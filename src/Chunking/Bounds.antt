-- ===== src/Chunking/Bounds.antt =====
-- Where a chunk is cut.
use orlop.Prelude.{
  ℕ, zero, suc, ◌+◌, ◌-◌, ◌*◌, ◌/◌, ◌%◌, ◌^◌, ◌<◌, ◌≤◌, ◌⊎◌, inl, inr, Text, Option, some, [], ◌∷◌,
  length, ltb, leb, ◌==◌, if◌then◌else◌, ◌≡◌, refl, arith, Bool-cases,
}
use Prim.Native.Nat.{bit_and}
use orlop.Chunking.Table.{gear, get_elem?}
use orlop.Chunking.{
  CutParams, gear_ls, Scan, cut_at, through, out_of_range, scan, second_start, after_large,
  after_small, cut_within, v2020_cut,
}

-- A scan that stays in its range.
abbrev Fits : ℕ → ℕ → Scan → Type 0
Fits low high (cut_at a) = (low ≤ a) × (a < high)
Fits low high (through hash) = Unit {0}
Fits low high out_of_range = ⊥

get_elem?-in_range : (xs : Text) (i : ℕ) → i < length xs → (x : ℕ) × (get_elem? xs i ≡ some x)
unfolding get_elem?
get_elem?-in_range [] i h = absurd (omega (arith, h))
get_elem?-in_range (x ∷ xs) zero h = (x, refl)
get_elem?-in_range (x ∷ xs) (suc i) h = get_elem?-in_range xs i (omega (arith, h))

Fits-weaken :
    (low low' high high' : ℕ) (s : Scan)
    → low' ≤ low
    → high ≤ high'
    → Fits low high s
    → Fits low' high' s
Fits-weaken low low' high high' (cut_at a) l h (f, g) = (omega (arith, l, f), omega (arith, h, g))
Fits-weaken low low' high high' (through x) l h f = tt
Fits-weaken low low' high high' out_of_range l h f = f

scan-Fits :
    (src : Text) (mask_ls mask rounds index hash : ℕ)
    → (index + rounds) * 2 ≤ length src
    → Fits (index * 2) ((index + rounds) * 2) (scan src mask_ls mask rounds index hash)
unfolding scan
scan-Fits src mask_ls mask zero index hash h = tt
scan-Fits src mask_ls mask (suc rounds) index hash h =
    let (x, ex) = get_elem?-in_range src (index * 2) (omega (arith, h)) in
    let (y, ey) = get_elem?-in_range src (index * 2 + 1) (omega (arith, h)) in
    let even : ℕ = (hash * 4 + gear_ls x) % 2 ^ 64 in
    let odd : ℕ = (even + gear y) % 2 ^ 64 in
    elim (Bool-cases (bit_and even mask_ls == 0)) [
      | inl e ↦ rw (ex, e) (omega arith, omega arith)
      | inr e ↦ elim (Bool-cases (bit_and odd mask == 0)) [
        | inl f ↦ rw (ex, e, ey, f) (omega arith, omega arith)
        | inr f ↦
            rw (ex, e, ey, f)
              (Fits-weaken (suc index * 2) (index * 2) ((suc index + rounds) * 2)
                ((index + suc rounds) * 2) (scan src mask_ls mask rounds (suc index) odd)
                (omega arith) (omega arith)
                (scan-Fits src mask_ls mask rounds (suc index) odd (omega (arith, h))))
      ]
    ]

-- Sizes in order, with an even minimum.
pub record IsValid (c : CutParams) : Type 0 where
  pub some_bytes : 0 < c.min_size
  pub even : c.min_size % 2 ≡ 0
  pub min_le_avg : c.min_size ≤ c.avg_size
  pub avg_le_max : c.avg_size ≤ c.max_size

-- A cut from `low` to `high`.
abbrev Within : ℕ → ℕ → Option ℕ → Type 0
Within low high o = (r : ℕ) × (o ≡ some r) × (low ≤ r) × (r ≤ high)

large-Within : (low n : ℕ) (s : Scan) → Fits low n s → low ≤ n → Within low n (after_large n s)
large-Within low n (cut_at a) (f, g) le = (a, refl, f, omega (arith, g))
large-Within low n (through hash) f le = (n, refl, le, omega arith)
large-Within low n out_of_range f le = absurd f

small-Within :
    (c : CutParams) (src : Text) (low n index : ℕ) (s : Scan)
    → Fits low n s
    → low ≤ n
    → low ≤ index * 2
    → index * 2 ≤ n
    → n ≤ length src
    → Within low n (after_small c src n index s)
small-Within c src low n index (cut_at a) (f, g) le start room fit = (a, refl, f, omega (arith, g))
small-Within c src low n index (through hash) f le start room fit =
    large-Within low n (scan src c.mask_l_ls c.mask_l (n / 2 - index) index hash)
      (Fits-weaken (index * 2) low ((index + (n / 2 - index)) * 2) n
        (scan src c.mask_l_ls c.mask_l (n / 2 - index) index hash) start (omega (arith, room))
        (scan-Fits src c.mask_l_ls c.mask_l (n / 2 - index) index hash (omega (arith, room, fit))))
      le
small-Within c src low n index out_of_range f le start room fit = absurd f

cut_within_lem :
    (c : CutParams) (src : Text) (n center : ℕ)
    → IsValid c
    → c.min_size ≤ center
    → center ≤ n
    → n ≤ length src
    → Within c.min_size n (cut_within c src n center)
unfolding cut_within
cut_within_lem c src n center v low high fit =
    let half : ℕ = c.min_size / 2 in
    small-Within c src c.min_size n (second_start half center)
      (scan src c.mask_s_ls c.mask_s (center / 2 - half) half 0)
      (Fits-weaken (half * 2) c.min_size ((half + (center / 2 - half)) * 2) n
        (scan src c.mask_s_ls c.mask_s (center / 2 - half) half 0) (omega (arith, v.even))
        (omega (arith, low, high))
        (scan-Fits src c.mask_s_ls c.mask_s (center / 2 - half) half 0
          (omega (arith, low, high, fit))))
      (omega (arith, low, high)) (ground (arith, v.even, low)) (ground (arith, low, high)) fit

-- A cut that leaves a chunk of a size in bounds: smaller than the minimum only where the bytes end.
abbrev pub IsCut : CutParams → Text → ℕ → Type 0
IsCut c src r =
    (0 < r) × (r ≤ length src) × (r ≤ c.max_size) × ((c.min_size ≤ r) ⊎ (r ≡ length src))

-- Whatever the bytes and the masks are, a cut of some bytes reads no byte outside of them, takes at least one byte and
-- not more than there are, at most the maximal size, and at least the minimal one but at the end of the bytes.
pub v2020_cut_bounds :
    (c : CutParams) (src : Text)
    → IsValid c
    → 0 < length src
    → (r : ℕ) × (v2020_cut c src ≡ some r) × IsCut c src r
unfolding v2020_cut
v2020_cut_bounds c src v some_bytes = elim (Bool-cases (leb (length src) c.min_size)) [
  | inl e ↦ (
    length src,
    ground (arith, e),
    (some_bytes, omega arith, ground (arith, e, v.min_le_avg, v.avg_le_max), inr refl),
  )
  | inr e ↦ elim (Bool-cases (ltb c.max_size (length src))) [
    | inl f ↦
        let (r, eq, low, high) =
          cut_within_lem c src c.max_size c.avg_size v v.min_le_avg v.avg_le_max
            (ground (arith, f)) in
        (
          r,
          ground (arith, e, f, eq),
          (omega (arith, low, v.some_bytes), ground (arith, f, high), high, inl low),
        )
    | inr f ↦
        let center : ℕ = if ltb (length src) c.avg_size then length src else c.avg_size in
        let (r, eq, low, high) =
          cut_within_lem c src (length src) center v (ground (arith, e, v.min_le_avg))
            (ground (arith, e)) (omega arith) in
        (
          r,
          ground (arith, e, f, eq),
          (omega (arith, low, v.some_bytes), high, ground (arith, f, high), inl low),
        )
  ]
]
◇ ◇ ◇ ◇ ◇
TASK BRIEF | Using the data above, reproduce exactly the lines from the line that contains "large-Within low n (scan" through the line that contains "(0 < r) × (r ≤ length", including both.

ANSWER TO THIS TASK |
    large-Within low n (scan src c.mask_l_ls c.mask_l (n / 2 - index) index hash)
      (Fits-weaken (index * 2) low ((index + (n / 2 - index)) * 2) n
        (scan src c.mask_l_ls c.mask_l (n / 2 - index) index hash) start (omega (arith, room))
        (scan-Fits src c.mask_l_ls c.mask_l (n / 2 - index) index hash (omega (arith, room, fit))))
      le
small-Within c src low n index out_of_range f le start room fit = absurd f

cut_within_lem :
    (c : CutParams) (src : Text) (n center : ℕ)
    → IsValid c
    → c.min_size ≤ center
    → center ≤ n
    → n ≤ length src
    → Within c.min_size n (cut_within c src n center)
unfolding cut_within
cut_within_lem c src n center v low high fit =
    let half : ℕ = c.min_size / 2 in
    small-Within c src c.min_size n (second_start half center)
      (scan src c.mask_s_ls c.mask_s (center / 2 - half) half 0)
      (Fits-weaken (half * 2) c.min_size ((half + (center / 2 - half)) * 2) n
        (scan src c.mask_s_ls c.mask_s (center / 2 - half) half 0) (omega (arith, v.even))
        (omega (arith, low, high))
        (scan-Fits src c.mask_s_ls c.mask_s (center / 2 - half) half 0
          (omega (arith, low, high, fit))))
      (omega (arith, low, high)) (ground (arith, v.even, low)) (ground (arith, low, high)) fit

-- A cut that leaves a chunk of a size in bounds: smaller than the minimum only where the bytes end.
abbrev pub IsCut : CutParams → Text → ℕ → Type 0
IsCut c src r =
    (0 < r) × (r ≤ length src) × (r ≤ c.max_size) × ((c.min_size ≤ r) ⊎ (r ≡ length src))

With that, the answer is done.